Stored items:
##############################

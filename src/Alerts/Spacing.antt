-- ===== src/Alerts/Spacing.antt =====
-- The cooldown of alerts: how far apart the deliveries of an alert to a channel are.
use multi_tenant_agentic_wor.Base.{
  ℕ, ◌+◌, ◌-◌, ◌*◌, ◌<◌, ◌≡◌, refl, subst, Bool, true, false, not, ◌&&◌, List, [], ◌∷◌, ◌++◌, ◌==◌,
  arith, leb, All, All-append, All-map, All-both, All-select_where, select_where, count_where,
  Bool-cases, inl, inr, nat_eq,
}
use multi_tenant_agentic_wor.Tables.{
  AlertCode, dispatch_paused, trigger_throttled, deferred_retries, dead_lettered, Severity,
  critical, warning, info, Route, AlertChannel, Delivery, alert_code_eq, alert_code_beq_iff,
}
use multi_tenant_agentic_wor.Store.{World}
use multi_tenant_agentic_wor.Health.{Alert, alert_if, dispatch_alerts}
use multi_tenant_agentic_wor.Alerts.Sending.{
  DeliveryReport, Mailer, Notice, is_in_cooldown, is_own_channel, is_recent_delivery, new_delivery,
  record_deliveries, record_delivery,
}

abbrev pub is_slot : ℕ → ℕ → AlertCode → Delivery → Bool
is_slot tenant channel code d =
    d.tenant_id == tenant && is_own_channel channel d.channel_id && d.alert_code == code

-- No two deliveries of an alert to a channel of the tenant are as close as the cooldown.
abbrev pub IsSpaced : ℕ → ℕ → ℕ → AlertCode → List Delivery → Type 0
IsSpaced tenant minutes channel code [] = Unit
IsSpaced tenant minutes channel code (e ∷ rows) =
    (is_slot tenant channel code e ≡ true
      → All (λ d. is_slot tenant channel code d ≡ true → e.created_at + minutes * 60 < d.created_at)
          rows)
    × IsSpaced tenant minutes channel code rows

-- The codes of the alerts differ.
abbrev pub AreDistinct : List Alert → Type 0
AreDistinct [] = Unit
AreDistinct (a ∷ alerts) = All (λ b. (a.code == b.code) ≡ false) alerts × AreDistinct alerts

-- The deliveries of an alert to a channel were made before the cooldown began.
abbrev pub IsFree : ℕ → ℕ → ℕ → ℕ → AlertCode → List Delivery → Type 0
IsFree tenant minutes now channel code =
    All (λ e. is_slot tenant channel code e ≡ true → e.created_at + minutes * 60 < now)

IsSpaced-append :
    (tenant minutes channel : ℕ) (code : AlertCode) (rows : List Delivery) (d : Delivery)
    → IsSpaced tenant minutes channel code rows
    → (is_slot tenant channel code d ≡ true → IsFree tenant minutes d.created_at channel code rows)
    → IsSpaced tenant minutes channel code (rows ++ d ∷ [])
IsSpaced-append tenant minutes channel code [] d spaced free = ((λ own. tt), tt)
IsSpaced-append tenant minutes channel code (e ∷ rows) d spaced free = (
  λ own.
      All-append
        (λ d. is_slot tenant channel code d ≡ true → e.created_at + minutes * 60 < d.created_at)
        rows (d ∷ []) (spaced.0 own) ((λ slot. (free slot).0 own), tt),
  IsSpaced-append tenant minutes channel code rows d spaced.1 (λ slot. (free slot).1),
)

none_counted :
    (p : Delivery → Bool) (rows : List Delivery)
    → not (leb (count_where p rows) 0) ≡ false
    → All (λ d. p d ≡ false) rows
unfolding count_where
none_counted p [] h = tt
none_counted p (d ∷ rows) h = elim (Bool-cases (p d)) [
  | inl hit ↦ absurd (ground arith)
  | inr miss ↦ (miss, none_counted p rows (ground arith))
]

pub AreDistinct-select_where :
    (p : Alert → Bool) (alerts : List Alert)
    → AreDistinct alerts
    → AreDistinct (select_where p alerts)
unfolding select_where
AreDistinct-select_where p [] h = tt
AreDistinct-select_where p (a ∷ alerts) h = elim (Bool-cases (p a)) [
  | inl hit ↦ rw hit (
    All-select_where (λ b. (a.code == b.code) ≡ false) p alerts h.0,
    AreDistinct-select_where p alerts h.1,
  )
  | inr miss ↦ rw miss (AreDistinct-select_where p alerts h.1)
]

abbrev IsOther : AlertCode → Alert → Type 0
IsOther code b = (code == b.code) ≡ false

alert_if-IsOther :
    (k code : AlertCode) (severity : Severity) (n : ℕ) (rest : List Alert)
    → (k == code) ≡ false
    → All (IsOther k) rest
    → All (IsOther k) (alert_if code severity n ++ rest)
alert_if-IsOther k code severity n rest other h = elim (Bool-cases (n == 0)) [
  | inl e ↦ rw e h
  | inr e ↦ rw e (other, h)
]

alert_if-AreDistinct :
    (code : AlertCode) (severity : Severity) (n : ℕ) (rest : List Alert)
    → All (IsOther code) rest
    → AreDistinct rest
    → AreDistinct (alert_if code severity n ++ rest)
alert_if-AreDistinct code severity n rest other h = elim (Bool-cases (n == 0)) [
  | inl e ↦ rw e h
  | inr e ↦ rw e (other, h)
]

-- No two alerts of the health of dispatches have one code.
pub dispatch_alerts-AreDistinct : (a b c d : ℕ) → AreDistinct (dispatch_alerts a b c d)
unfolding dispatch_alerts
dispatch_alerts-AreDistinct a b c d =
    let dead = alert_if dead_lettered critical d in
    let deferred = alert_if deferred_retries info c ++ dead in
    let only : AreDistinct dead = elim (Bool-cases (d == 0)) [
      | inl e ↦ rw e tt
      | inr e ↦ rw e (tt, tt)
    ] in
    let last : (k : AlertCode) → (k == dead_lettered) ≡ false → All (IsOther k) dead =
      λ k other. elim (Bool-cases (d == 0)) [ inl e ↦ rw e tt | inr e ↦ rw e (other, tt) ] in
    alert_if-AreDistinct dispatch_paused warning a
      (alert_if trigger_throttled warning b ++ deferred)
      (alert_if-IsOther dispatch_paused trigger_throttled warning b deferred refl (
        alert_if-IsOther dispatch_paused deferred_retries info c dead refl
          (last dispatch_paused refl)))
      (alert_if-AreDistinct trigger_throttled warning b deferred
        (alert_if-IsOther trigger_throttled deferred_retries info c dead refl
          (last trigger_throttled refl))
        (alert_if-AreDistinct deferred_retries info c dead (last deferred_retries refl) only))

-- Where the cooldown holds nothing back, the deliveries of the alert were made before it.
pub IsFree-of_cooldown :
    (w : World) (tenant channel : ℕ) (code : AlertCode) (minutes now : ℕ)
    → is_in_cooldown w tenant channel code minutes now ≡ false
    → IsFree tenant minutes now channel code w.alert_deliveries
unfolding is_in_cooldown
IsFree-of_cooldown w tenant channel code minutes now h =
    All-map (λ d. is_recent_delivery tenant channel code (now - minutes * 60) d ≡ false)
      (λ e. is_slot tenant channel code e ≡ true → e.created_at + minutes * 60 < now)
      (λ d old own. before d old own) w.alert_deliveries
      (none_counted (is_recent_delivery tenant channel code (now - minutes * 60)) w.alert_deliveries
        h)
  where
    before :
        (d : Delivery)
        → is_recent_delivery tenant channel code (now - minutes * 60) d ≡ false
        → is_slot tenant channel code d ≡ true
        → d.created_at + minutes * 60 < now
    before d old own = ground arith

module _ (m : Mailer) (tenant minutes now channel : ℕ) (code : AlertCode) where
  -- The slot of a new row.
  new_slot :
      (c : AlertChannel) (route : Route) (n : Notice) (w : World) (a : Alert)
      → is_slot tenant channel code (new_delivery m tenant now c route n w a) ≡ true
      → (c.id ≡ channel) × (a.code ≡ code)
  new_slot c route n w a h = (ground arith, (alert_code_beq_iff a.code code).0 (ground arith))

  other_slot :
      (c : AlertChannel) (route : Route) (n : Notice) (w : World) (a b : Alert)
      → (a.code == b.code) ≡ false
      → is_slot tenant c.id b.code (new_delivery m tenant now c route n w a) ≡ true
      → ⊥
  other_slot c route n w a b differ own = ground arith

  pub record_deliveries-IsSpaced :
      (c : AlertChannel) (route : Route) (n : Notice) (alerts : List Alert) (w : World)
      (r : DeliveryReport)
      → AreDistinct alerts
      → All (λ a. IsFree tenant minutes now c.id a.code w.alert_deliveries) alerts
      → IsSpaced tenant minutes channel code w.alert_deliveries
      → IsSpaced tenant minutes channel code
          (record_deliveries m tenant now c route n alerts (w, r)).0.alert_deliveries
  unfolding record_deliveries record_delivery
  record_deliveries-IsSpaced c route n [] w r distinct free spaced = spaced
  record_deliveries-IsSpaced c route n (a ∷ alerts) w r distinct free spaced =
      let d = new_delivery m tenant now c route n w a in
      let (w₁, r₁) = record_delivery m tenant now c route n a (w, r) in
      record_deliveries-IsSpaced c route n alerts w₁ r₁ distinct.1
        (All-both (λ b. (a.code == b.code) ≡ false)
          (λ b. IsFree tenant minutes now c.id b.code w.alert_deliveries)
          (λ b. IsFree tenant minutes now c.id b.code (w.alert_deliveries ++ d ∷ []))
          (λ b differ old.
            All-append
              (λ e. is_slot tenant c.id b.code e ≡ true → e.created_at + minutes * 60 < now)
              w.alert_deliveries (d ∷ []) old
              ((λ own. absurd (other_slot c route n w a b differ own)), tt))
          alerts distinct.0 free.1)
        (IsSpaced-append tenant minutes channel code w.alert_deliveries d spaced (λ own.
          let (at, it) = new_slot c route n w a own in
          subst (λ k. IsFree tenant minutes now k code w.alert_deliveries) at
            (subst (λ k. IsFree tenant minutes now c.id k w.alert_deliveries) it free.0)))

##############################

■ **Exercise requirements**:
Above are the records; repeat exactly the lines from the one holding "(alert_if-IsOther trigger_throttled deferred_retries" down to the one holding "(none_counted (is_recent_delivery tenant", end lines included.

■ **Result of the exercise**:
        (alert_if-IsOther trigger_throttled deferred_retries info c dead refl
          (last trigger_throttled refl))
        (alert_if-AreDistinct deferred_retries info c dead (last deferred_retries refl) only))

-- Where the cooldown holds nothing back, the deliveries of the alert were made before it.
pub IsFree-of_cooldown :
    (w : World) (tenant channel : ℕ) (code : AlertCode) (minutes now : ℕ)
    → is_in_cooldown w tenant channel code minutes now ≡ false
    → IsFree tenant minutes now channel code w.alert_deliveries
unfolding is_in_cooldown
IsFree-of_cooldown w tenant channel code minutes now h =
    All-map (λ d. is_recent_delivery tenant channel code (now - minutes * 60) d ≡ false)
      (λ e. is_slot tenant channel code e ≡ true → e.created_at + minutes * 60 < now)
      (λ d old own. before d old own) w.alert_deliveries
      (none_counted (is_recent_delivery tenant channel code (now - minutes * 60)) w.alert_deliveries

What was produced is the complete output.